Brüssel - Viele Politikfelder gibt es nicht, auf denen die Europäer in den vergangenen Jahren entscheidend vorangekommen sind. Der Kampf gegen die Steuerhinterziehung durch Privatpersonen gehört dazu. Länder wie die Schweiz. Luxemburg oder Liechtenstein haben sich EU-Regeln zum automatischen Informationsaustausch angeschlossen. Bezeichnend dabei ist, dass der entsprechende Handlungsdruck nicht aus Europa kam, sondern aus Amerika. Es war Washington, das über seinen eigenen „Fatca“-Standard, der Banken aus unkooperativen Staaten ernste Konsequenzen auf dem US-Markt androht, der Steuerflucht in Europa einen herben Schlag versetzt hat.

 

Mit derselben Härte gehen die Amerikaner in diesen Tagen vor, wenn es darum geht, Unternehmenssteuern im eigenen Land zu halten – diesmal freilich zum Nachteil der europäischen Steuerzahler. Machtvoll lobbyiert US-Finanzminister Jack Lew bei der EU-Kommission, damit sie ihre Untersuchungen gegen Apple und Amazon einstellen möge und nicht auf die Idee komme, rückwirkend Steuernachzahlungen an Irland und Luxemburg zu fordern, wie das im Falle von Starbucks in den Niederlanden bereits geschehen ist. Der Vorwurf, Brüssel betreibe dabei eine Art von „Steuerrassismus“ gegenüber amerikanischen Konzernen, ist absurd. Es liegt in der Natur der Sache, dass Regierungen bei ausländischen Investoren mit großen Namen vielleicht eher die Grenzen des Erlaubten zu überschreiten bereit sind und allzu großzügiges Entgegenkommen bei bekannten Marken schneller auffliegt – zumal innereuropäische Firmenverlagerungen angesichts der engen Verflechtung auf dem Binnenmarkt anfangs weniger Verdacht in der Öffentlichkeit erregen. Inzwischen laufen jedoch viel mehr Untersuchungen, nicht nur gegen US-Firmen.

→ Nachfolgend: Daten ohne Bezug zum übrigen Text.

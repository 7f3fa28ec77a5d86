-- ===== src/Oscillation/Patterns.antt =====
-- Which patterns the detector of ar724/oscillation.py reports, at its default thresholds.
use native.Mathlib.Decide.{dec_lt}
use text.Mathlib.TextPositions.{eq_refl}
use ztrade_ares_7x.Base.{
  length, drop, length-drop, ℕ, zero, suc, ◌+◌, ◌-◌, ◌<◌, String, ◌≡◌, refl, sym, ap, subst, ◌≢◌,
  List, [], ◌∷◌, arith, eq_iff,
}
use ztrade_ares_7x.Oscillation.{
  default_detector, recent, param_signal, observe, Param, Detector, joint_structural, per_param,
}
use ztrade_ares_7x.Oscillation.Window.{observe_all}

abbrev pub times : ℕ → Param → List (List Param)
times zero p = []
times (suc n) p = (p ∷ []) ∷ times n p

module _ (digest : List (String × String) → String) where
  -- A candidate that never changes is reported: the sixth time in a row that the same single
  -- parameter is observed, both signals fire, with one structural state and six occurrences.
  observe-constant :
      (p : Param)
      → (observe digest (observe_all digest default_detector (times 5 p)) (p ∷ [])).1
        ≡ joint_structural 1 ∷ per_param p.name 6 ∷ []
  unfolding observe
  observe-constant p = simp eq_refl

abbrev pub alternate : ℕ → String → String → List String
alternate zero a b = []
alternate (suc n) a b = a ∷ alternate n b a

alternating_full :
    (name a b : String) → a ≢ b → param_signal default_detector name (alternate 6 a b) ≡ []
unfolding param_signal
alternating_full name a b ne = ground (arith, eq_iff a b, eq_iff b a, eq_iff a a, eq_iff b b)

alternating_late :
    (name : String) (k : ℕ) (a b : String)
    → a ≢ b
    → param_signal default_detector name (drop k (alternate (k + 6) a b)) ≡ []
alternating_late name zero a b ne = alternating_full name a b ne
alternating_late name (suc k) a b ne =
    let e : suc k + 6 ≡ suc (k + 6) = omega arith in
    rw e (alternating_late name k b a (λ p. ne (sym p)))

length-alternate : (n : ℕ) (a b : String) → length (alternate n a b) ≡ n
length-alternate zero a b = refl
length-alternate (suc n) a b = ap suc (length-alternate n b a)

param_signal-short :
    (d : Detector) (name : String) (values : List String)
    → length values < d.window
    → param_signal d name values ≡ []
unfolding param_signal
param_signal-short d name values h = ground arith

-- Strict alternation is no oscillation for the parameter signal: however often two different
-- values have taken turns, neither occurs four times among the last six, and the signal is silent.
param_signal-alternating :
    (name a b : String) (n : ℕ)
    → a ≢ b
    → param_signal default_detector name (recent 6 (alternate n a b)) ≡ []
param_signal-alternating name a b n ne = elim (dec_lt n 6) [
  | yes few ↦ param_signal-short default_detector name (recent 6 (alternate n a b)) (
      omega (
        arith,
        length-alternate n a b,
        length-drop (length (alternate n a b) - 6) (alternate n a b),
      ))
  | no many ↦
      let k = n - 6 in
      let e : n ≡ k + 6 = omega arith in
      rw (length-alternate n a b) (
        subst (λ m. param_signal default_detector name (drop k (alternate m a b)) ≡ []) (sym e)
          (alternating_late name k a b ne))
]
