-- ===== src/Oscillation/Examples.antt =====
-- The detector at a parameter that stays.
use ztrade_ares_7x.Base.{String, ◌≡◌, refl, List, [], ◌∷◌, map}
use ztrade_ares_7x.Oscillation.{default_detector, recent, structural_hash, Param}
use ztrade_ares_7x.Oscillation.Window.{observe_all, observe_all-history}
use ztrade_ares_7x.Oscillation.Patterns.{times}

abbrev digest : List (String × String) → String
digest [] = ""
digest ((name, value) ∷ rest) = value

abbrev lookback : String → Param
lookback value = record { name = "lookback"; structural = value; bucketed = value }

observe_all-history_example :
    (observe_all digest default_detector (times 8 (lookback "20"))).history
    ≡ recent 6 (map (structural_hash digest) (times 8 (lookback "20")))
observe_all-history_example =
    observe_all-history digest default_detector [] (times 8 (lookback "20")) refl
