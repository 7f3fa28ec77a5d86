-- ===== src/Promotion.antt =====
-- The promotion transaction of ar724/promotion_gate.py: `perform_promotion` and `_git_commit`.
-- What the file system and git answer during one call is an argument.
pub mod Idempotent
pub mod Failing
pub mod Rollback
pub mod Examples
use ztrade_ares_7x.Base.{
  ◌==◌, if◌then◌else◌, update_where, find, ℕ, String, Bool, true, false, not, ◌&&◌, Option, none,
  some, List, [], ◌∷◌, ◌++◌, str_eq,
}
use ztrade_ares_7x.Base.Result.{◌>>◌, Result, runtime_error, called_process_error, ok, err}
use ztrade_ares_7x.Db.{PromotionStatus, Promotion, Db}

-- The answers of the file system and of git: the hash of the candidate file or the error of
-- reading it, the copy into best/, whether one of the three paths exists, the exit codes of
-- `git add` and `git commit`, whether the latter said "nothing to commit", and HEAD after it.
pub record Workspace : Type 0 where
  pub candidate_file : Result String
  pub copy : Result (Unit {0})
  pub paths_exist : Bool
  pub add_code : ℕ
  pub commit_code : ℕ
  pub nothing_to_commit : Bool
  pub head : String

unfoldable pub git_commit : Workspace → Result String
git_commit w =
    if not w.paths_exist
    then ok ""
    else if not (w.add_code == 0)
    then err called_process_error
    else if not (w.commit_code == 0) && not w.nothing_to_commit
    then err runtime_error
    else ok w.head

-- the keyword arguments, with the idempotency key given or derived
pub record Request : Type 0 where
  pub run_id : ℕ
  pub iteration_id : ℕ
  pub candidate_hash : String
  pub old_best_hash : Option String
  pub idempotency_key : String

pub data Outcome : Type 0 where
  already_committed : Option String → Outcome
  newly_committed : (git_commit new_best_hash : String) → Outcome

abbrev pub has_key : String → Promotion → Bool
has_key key p = str_eq p.idempotency_key key

abbrev pub set_status : PromotionStatus → Promotion → Promotion
set_status s p = record p { status = s }

abbrev pub prepared_row : Request → String → (id now : ℕ) → Promotion
prepared_row q new_best_hash id now = record {
  id = id;
  run_id = q.run_id;
  iteration_id = q.iteration_id;
  candidate_hash = q.candidate_hash;
  old_best_hash = q.old_best_hash;
  new_best_hash = new_best_hash;
  idempotency_key = q.idempotency_key;
  status = PromotionStatus.prepared;
  git_commit = none;
  promoted_at = now;
}

-- The INSERT of a new row, or the UPDATE of the one that is there to `applying`; with the row's id.
abbrev pub stage : List Promotion → Option Promotion → Promotion → List Promotion × ℕ
stage rows none fresh = (rows ++ fresh ∷ [], fresh.id)
stage rows (some old) fresh =
    (update_where (λ p. p.id == old.id) (set_status PromotionStatus.applying) rows, old.id)

abbrev pub committed_row : String → ℕ → Promotion → Promotion
committed_row sha now p = record p {
  status = PromotionStatus.committed;
  git_commit = some sha;
  promoted_at = now;
}

-- The last UPDATE, if the copy and git succeeded; what was written before stays written.
abbrev pub conclude :
    List Promotion → ℕ → ℕ → String → Result String → List Promotion × Result Outcome
conclude rows id now new_best_hash (err e) = (rows, err e)
conclude rows id now new_best_hash (ok sha) = (
  update_where (λ p. p.id == id) (committed_row sha now) rows,
  ok (newly_committed sha new_best_hash),
)

abbrev pub apply :
    List Promotion
    → Option Promotion
    → Request
    → Workspace
    → (id now : ℕ) → Result String
    → List Promotion × Result Outcome
apply rows existing q w id now (err e) = (rows, err e)
apply rows existing q w id now (ok new_best_hash) =
    let (staged, promotion_id) = stage rows existing (prepared_row q new_best_hash id now) in
    conclude staged promotion_id now new_best_hash (w.copy >> git_commit w)

abbrev pub is_committed : PromotionStatus → Bool
is_committed PromotionStatus.committed = true
is_committed _ = false

abbrev pub promote_rows :
    List Promotion
    → Option Promotion
    → Request
    → Workspace
    → (id now : ℕ) → List Promotion × Result Outcome
promote_rows rows none q w id now = apply rows none q w id now w.candidate_file
promote_rows rows (some old) q w id now =
    if is_committed old.status
    then (rows, ok (already_committed old.git_commit))
    else apply rows (some old) q w id now w.candidate_file

unfoldable pub perform_promotion : Db → Request → Workspace → (id now : ℕ) → Db × Result Outcome
unfolding git_commit
perform_promotion db q w id now =
    let (rows, outcome) =
      promote_rows db.promotions (find (has_key q.idempotency_key) db.promotions) q w id now in
    (record db { promotions = rows }, outcome)
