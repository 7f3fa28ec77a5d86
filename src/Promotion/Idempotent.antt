-- ===== src/Promotion/Idempotent.antt =====
-- A promotion is made once for its key: ar724/promotion_gate.py, `perform_promotion`.
use mathlib.Core.Option
use ztrade_ares_7x.Base.{
  ◌==◌, if◌then◌else◌, Bool-cases, update_where, find, ℕ, String, ◌≡◌, refl, ◌∙◌, ap, inl, inr,
  Bool, Option, none, some, List, [], ◌∷◌, ◌++◌, arith, eq_iff,
}
use ztrade_ares_7x.Base.Result.{◌>>◌, Result, ok, err}
use ztrade_ares_7x.Db.{PromotionStatus, Promotion, Db}
use ztrade_ares_7x.Promotion.{
  git_commit, has_key, set_status, prepared_row, committed_row, conclude, apply, is_committed,
  promote_rows, perform_promotion, Workspace, Request, already_committed, newly_committed,
}

-- An update that keeps the keys acts on the row that the key finds.
find-update_where :
    (key : String) (test : Promotion → Bool) (f : Promotion → Promotion)
    → ((p : Promotion) → (f p).idempotency_key ≡ p.idempotency_key)
    → (rows : List Promotion)
    → find (has_key key) (update_where test f rows)
      ≡ Option.map (λ p. if test p then f p else p) (find (has_key key) rows)
find-update_where key test f keeps [] = refl
find-update_where key test f keeps (p ∷ ps) =
    ground (arith, keeps p, find-update_where key test f keeps ps)

find-append :
    (key : String) (rows : List Promotion) (p : Promotion)
    → find (has_key key) rows ≡ none
    → p.idempotency_key ≡ key
    → find (has_key key) (rows ++ p ∷ []) ≡ some p
find-append key [] p h e = ground (arith, eq_iff p.idempotency_key key)
find-append key (r ∷ rs) p h e = ground (arith, find-append key rs p)

-- A row of this key that is committed with this commit.
abbrev Committed : String → String → List Promotion → Type 0
Committed key sha rows =
    (p : Promotion) × (find (has_key key) rows ≡ some p)
    × (p.status ≡ PromotionStatus.committed)
    × (p.git_commit ≡ some sha)

conclude-Committed :
    (rows : List Promotion) (p : Promotion) (now : ℕ) (key hash sha : String)
    → find (has_key key) rows ≡ some p
    → Committed key sha (conclude rows p.id now hash (ok sha)).0
conclude-Committed rows p now key hash sha e = (
  committed_row sha now p,
  find-update_where key (λ r. r.id == p.id) (committed_row sha now) (λ r. refl) rows
      ∙ ap (Option.map (λ r. if r.id == p.id then committed_row sha now r else r)) e
      ∙ ground arith,
  refl,
  refl,
)

conclude-committed :
    (rows : List Promotion) (id now : ℕ) (new sha hash : String) (r : Result String)
    → (conclude rows id now new r).1 ≡ ok (newly_committed sha hash)
    → r ≡ ok sha
conclude-committed rows id now new sha hash (err e) h = cc
conclude-committed rows id now new sha hash (ok s) h = ground arith

conclude-step :
    (rows : List Promotion) (p : Promotion) (now : ℕ) (key new sha hash : String)
    (r : Result String)
    → find (has_key key) rows ≡ some p
    → (conclude rows p.id now new r).1 ≡ ok (newly_committed sha hash)
    → Committed key sha (conclude rows p.id now new r).0
conclude-step rows p now key new sha hash r e h =
    rw (conclude-committed rows p.id now new sha hash r h)
      (conclude-Committed rows p now key new sha e)

apply-Committed :
    (rows : List Promotion) (o : Option Promotion) (q : Request) (w : Workspace) (id now : ℕ)
    (sha hash : String) (file : Result String)
    → find (has_key q.idempotency_key) rows ≡ o
    → (apply rows o q w id now file).1 ≡ ok (newly_committed sha hash)
    → Committed q.idempotency_key sha (apply rows o q w id now file).0
apply-Committed rows o q w id now sha hash (err e) at h = cc
apply-Committed rows none q w id now sha hash (ok new) at h =
    conclude-step (rows ++ prepared_row q new id now ∷ []) (prepared_row q new id now) now
      q.idempotency_key new sha hash (w.copy >> git_commit w)
      (find-append q.idempotency_key rows (prepared_row q new id now) at refl) h
apply-Committed rows (some old) q w id now sha hash (ok new) at h =
    conclude-step (update_where (λ p. p.id == old.id) (set_status PromotionStatus.applying) rows)
      (set_status PromotionStatus.applying old) now q.idempotency_key new sha hash
      (w.copy >> git_commit w)
      (find-update_where q.idempotency_key (λ p. p.id == old.id)
          (set_status PromotionStatus.applying) (λ r. refl) rows
        ∙ ap (Option.map (λ p. if p.id == old.id then set_status PromotionStatus.applying p else p))
            at
        ∙ ground arith)
      h

promote_rows-Committed :
    (rows : List Promotion) (o : Option Promotion) (q : Request) (w : Workspace) (id now : ℕ)
    (sha hash : String)
    → find (has_key q.idempotency_key) rows ≡ o
    → (promote_rows rows o q w id now).1 ≡ ok (newly_committed sha hash)
    → Committed q.idempotency_key sha (promote_rows rows o q w id now).0
promote_rows-Committed rows none q w id now sha hash at h =
    apply-Committed rows none q w id now sha hash w.candidate_file at h
promote_rows-Committed rows (some old) q w id now sha hash at h =
    elim (Bool-cases (is_committed old.status)) [
      | inl e ↦ ground arith
      | inr e ↦
          rw e (apply-Committed rows (some old) q w id now sha hash w.candidate_file at (rw e at h))
    ]

-- Once a call has committed a promotion, every later call with the same key, whatever the file
-- system and git would answer, returns `already_committed` with the same commit and changes
-- nothing.
pub perform_promotion-idempotent :
    (db : Db) (q q' : Request) (w w' : Workspace) (id id' now now' : ℕ) (sha hash : String)
    → (perform_promotion db q w id now).1 ≡ ok (newly_committed sha hash)
    → q'.idempotency_key ≡ q.idempotency_key
    → perform_promotion (perform_promotion db q w id now).0 q' w' id' now'
      ≡ ((perform_promotion db q w id now).0, ok (already_committed (some sha)))
unfolding perform_promotion
perform_promotion-idempotent db q q' w w' id id' now now' sha hash h same =
    let rows = db.promotions in
    let (p, at, done, commit) =
      promote_rows-Committed rows (find (has_key q.idempotency_key) rows) q w id now sha hash refl
        h in
    rw (same, at) (ground arith)
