-- ===== src/Conns.antt =====
-- irssi-icq/src/protocols/oscar/conn.c: the list of the connections of a session, and the groups of
-- families that each serves. A connection is known by its address. The sockets, the proxy, the
-- session's settings and the client's functions are not modelled, nor is what a chat connection
-- keeps.
pub mod Kill
mod Examples
use irssi_icq.Base.{
  ℕ, List, [], ◌∷◌, Option, none, some, Bool, true, false, ltb, ◌==◌, ◌&&◌, if◌then◌else◌, not,
}
use irssi_icq.Flap.{Conn, Queues, in_progress, conn_close}
use irssi_icq.Flap.Queue.{rxqueue_cleanbyconn, tx_cleanqueue}

unfoldable pub conn_addgroup : Conn → ℕ → Conn
conn_addgroup conn group = record conn { groups = group ∷ conn.groups }

-- The inner loop of aim_conn_findbygroup.
unfoldable pub serves : List ℕ → ℕ → Bool
serves [] group = false
serves (sg ∷ rest) group = if sg == group then true else serves rest group

unfoldable pub conn_findbygroup : List Conn → ℕ → Option Conn
unfolding serves
conn_findbygroup [] group = none
conn_findbygroup (cur ∷ rest) group =
    if serves cur.groups group then some cur else conn_findbygroup rest group

unfoldable pub getconn_type : List Conn → ℕ → Option Conn
getconn_type [] type = none
getconn_type (cur ∷ rest) type =
    if cur.type == type && not (in_progress cur) then some cur else getconn_type rest type

unfoldable pub getconn_type_all : List Conn → ℕ → Option Conn
getconn_type_all [] type = none
getconn_type_all (cur ∷ rest) type =
    if cur.type == type then some cur else getconn_type_all rest type

-- For a descriptor that is not -1.
unfoldable pub getconn_fd : List Conn → ℕ → Option Conn
getconn_fd [] fd = none
getconn_fd (cur ∷ rest) fd = elim cur.fd [
  | none ↦ getconn_fd rest fd
  | some n ↦ if n == fd then some cur else getconn_fd rest fd
]

-- The loop of aim_conngetmaxfd, with the highest so far.
unfoldable pub maxfd_loop : List Conn → ℕ → ℕ
maxfd_loop [] j = j
maxfd_loop (cur ∷ rest) j = elim cur.fd [
  | none ↦ maxfd_loop rest j
  | some fd ↦ maxfd_loop rest (if ltb j fd then fd else j)
]

unfoldable pub conngetmaxfd : List Conn → ℕ
unfolding maxfd_loop
conngetmaxfd connlist = maxfd_loop connlist 0

unfoldable pub conn_in_sess : List Conn → ℕ → Bool
conn_in_sess [] conn = false
conn_in_sess (cur ∷ rest) conn = if cur.addr == conn then true else conn_in_sess rest conn

unfoldable pub conn_isconnecting : Conn → Bool
conn_isconnecting conn = in_progress conn

unfoldable pub conn_setlatency : Conn → ℕ → Conn
conn_setlatency conn newval = record conn { forcedlatency = newval; lastactivity = 0 }

-- aim_conn_getnext, with the address of the new connection. The type -1 is 65535 in 16 bits.
unfoldable pub conn_getnext : List Conn → ℕ → List Conn
conn_getnext connlist addr =
    record {
      addr = addr;
      fd = none;
      type = 0xffff;
      seqnum = 0;
      status = 0;
      lastactivity = 0;
      forcedlatency = 0;
      handlerlist = [];
      groups = [];
    }
    ∷ connlist

-- The loop of aim_conn_kill.
unfoldable pub unlink : List Conn → ℕ → List Conn
unlink [] deadconn = []
unlink (cur ∷ rest) deadconn = if cur.addr == deadconn then rest else cur ∷ unlink rest deadconn

-- connkill_real, but for what it frees.
unfoldable pub connkill_real : Queues → ℕ → Queues
unfolding rxqueue_cleanbyconn tx_cleanqueue
connkill_real q deadconn = record q {
  incoming = rxqueue_cleanbyconn deadconn q.incoming;
  outgoing = tx_cleanqueue deadconn q.outgoing;
}

unfoldable pub conn_kill : List Conn → Queues → ℕ → List Conn × Queues
unfolding unlink conn_in_sess connkill_real
conn_kill connlist q deadconn =
    if conn_in_sess connlist deadconn
    then (unlink connlist deadconn, connkill_real q deadconn)
    else (connlist, q)

-- The loop of aim_connrst.
unfoldable pub kill_all : List Conn → Queues → Queues
unfolding connkill_real
kill_all [] q = q
kill_all (cur ∷ rest) q = kill_all rest (connkill_real q cur.addr)

unfoldable pub connrst : List Conn → Queues → List Conn × Queues
unfolding kill_all
connrst connlist q = ([], kill_all connlist q)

Die Unschuldslämmer sollten die Konzerne nicht spielen

Auf die steuerlichen Lockmittel sind sie jedenfalls gerne eingegangen. Strafbar haben sie sich damit nicht gemacht – schließlich sind die Regierungen dafür verantwortlich, welche Vergünstigungen sie gewähren. Die Unschuldslämmer sollten sie, wie jetzt vor dem Untersuchungsausschuss des Europaparlaments, freilich auch nicht spielen. Sie werden zumindest geahnt haben, dass ihre Steuervergünstigungen mehr als lukrativ waren. Und sie schrecken auch nicht davor zurück, den US-Finanzminister für ihre Dinge einzuspannen.

Die Untersuchungen in Brüssel sollten eher noch vorangetrieben werden – im Sinne der europäischen Steuerzahler.